Ah, sahabatnya yang manis itu memang benar-benar kekanakan.

"Nggak boleh yang ini, ya," Jeno merasa ia sedang berbicara pada anak kecil berumur lima tahun. "Aku kasih lihat kamu deh, kalau aku bikin buku puisi baru. Tapi jangan buku puisi yang ini, oke?"

"Memang apa sih, isinya? Kenapa kamu sebegitunya melindungi buku puisi itu?" tuntut Renjun.

"Ada, deh," Jeno terkekeh saat Renjun memutar bola matanya malas. "Ngomong-ngomong, kamu ngapain di apartemenku? Bukannya harusnya kamu ada jadwal kuliah, ya?"

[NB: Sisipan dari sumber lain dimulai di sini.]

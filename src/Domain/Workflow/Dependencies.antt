-- ===== src/Domain/Workflow/Dependencies.antt =====
-- src/domain/workflow/domain_graph.ts, validateDependencyGraph: objects of one kind and the ids of what
-- each depends on.
use toaa.Base.{
  ℕ, zero, suc, Bool, true, false, not, List, [], ◌∷◌, ◌++◌, Option, none, some, is_some, ◌==◌, any,
  keep, find, reverse, length,
}
use toaa.Domain.Objects.{ObjectId}
use toaa.Domain.Workflow.Issues.{
  DomainGraphIssue, missing_reference, dependency_cycle, issue_if, each,
}
pub mod Names
pub mod Chains
pub mod Runs
pub mod Cycles

abbrev pub has : ObjectId → List ObjectId → Bool
has id ids = any (λ other. other == id) ids

-- `visiting` and `visited`
pub record Marks : Type 0 where
  pub visiting : List ObjectId
  pub visited : List ObjectId

-- `byId.get`: of two objects with one id the map holds the later.
abbrev pub by_id : {A : Type 0} → (A → ObjectId) → List A → ObjectId → Option A
by_id id_of objects id = find (λ o. id_of o == id) (reverse objects)

abbrev pub cycle_issue : Option ObjectId → List DomainGraphIssue
cycle_issue none = []
cycle_issue (some id) = issue_if true dependency_cycle id

module _ {A : Type 0} (id_of : A → ObjectId) (dependencies : A → List ObjectId) where
  -- The loop of `visit` over the dependencies, with `visit` itself as an argument.
  unfoldable pub visit_each :
      (A → Marks → Bool × Marks) → List A → List ObjectId → Marks → Bool × Marks
  visit_each visit objects [] marks = (false, marks)
  visit_each visit objects (d ∷ ds) marks = elim (by_id id_of objects d) [
    | none ↦ visit_each visit objects ds marks
    | some dependency ↦
        let (found, marks') = visit dependency marks in
        elim found [ true ↦ (true, marks') | false ↦ visit_each visit objects ds marks' ]
  ]

  -- `visit`. The fuel bounds the depth: with more than there are objects it does not run out.
  unfoldable pub visit : ℕ → List A → A → Marks → Bool × Marks
  unfolding visit_each
  visit zero objects o marks = (true, marks)
  visit (suc fuel) objects o marks = elim (has (id_of o) marks.visiting) [
    | true ↦ (true, marks)
    | false ↦ elim (has (id_of o) marks.visited) [
      | true ↦ (false, marks)
      | false ↦
          let (found, marks') =
            visit_each (visit fuel objects) objects (dependencies o)
              (record marks { visiting = id_of o ∷ marks.visiting }) in
          elim found [
            | true ↦ (true, marks')
            | false ↦ (
              false,
              record {
                visiting = keep (λ other. not (other == id_of o)) marks'.visiting;
                visited = id_of o ∷ marks'.visited;
              },
            )
          ]
    ]
  ]

  -- The last loop: the object from which a cycle was come by.
  unfoldable pub find_cycle : List A → List A → Marks → Option ObjectId
  unfolding visit
  find_cycle objects [] marks = none
  find_cycle objects (o ∷ os) marks =
      let (found, marks') = visit (suc (length objects)) objects o marks in
      elim found [ true ↦ some (id_of o) | false ↦ find_cycle objects os marks' ]

  -- `validateDependencyGraph`
  unfoldable pub validate_dependency_graph : List A → List DomainGraphIssue
  unfolding find_cycle
  validate_dependency_graph objects =
      each
        (λ o.
          each (λ d. issue_if (not (is_some (by_id id_of objects d))) missing_reference (id_of o))
            (dependencies o))
        objects
      ++ cycle_issue (find_cycle objects objects (record { visiting = []; visited = [] }))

"Kuliahku masih nanti, jam setengah empat," jawab Renjun, berguling-guling di kasur Jeno sebentar sebelum berhenti dan memeluk boneka panda milik Jeno, hadiah darinya saat Jeno berulang tahun yang ketujuh. "Apartemenmu kan, dekat sama kampus. Lima menit jalan juga nyampe. Makanya tadi aku sengaja ke sini daripada pulang ke apartemenku sendiri."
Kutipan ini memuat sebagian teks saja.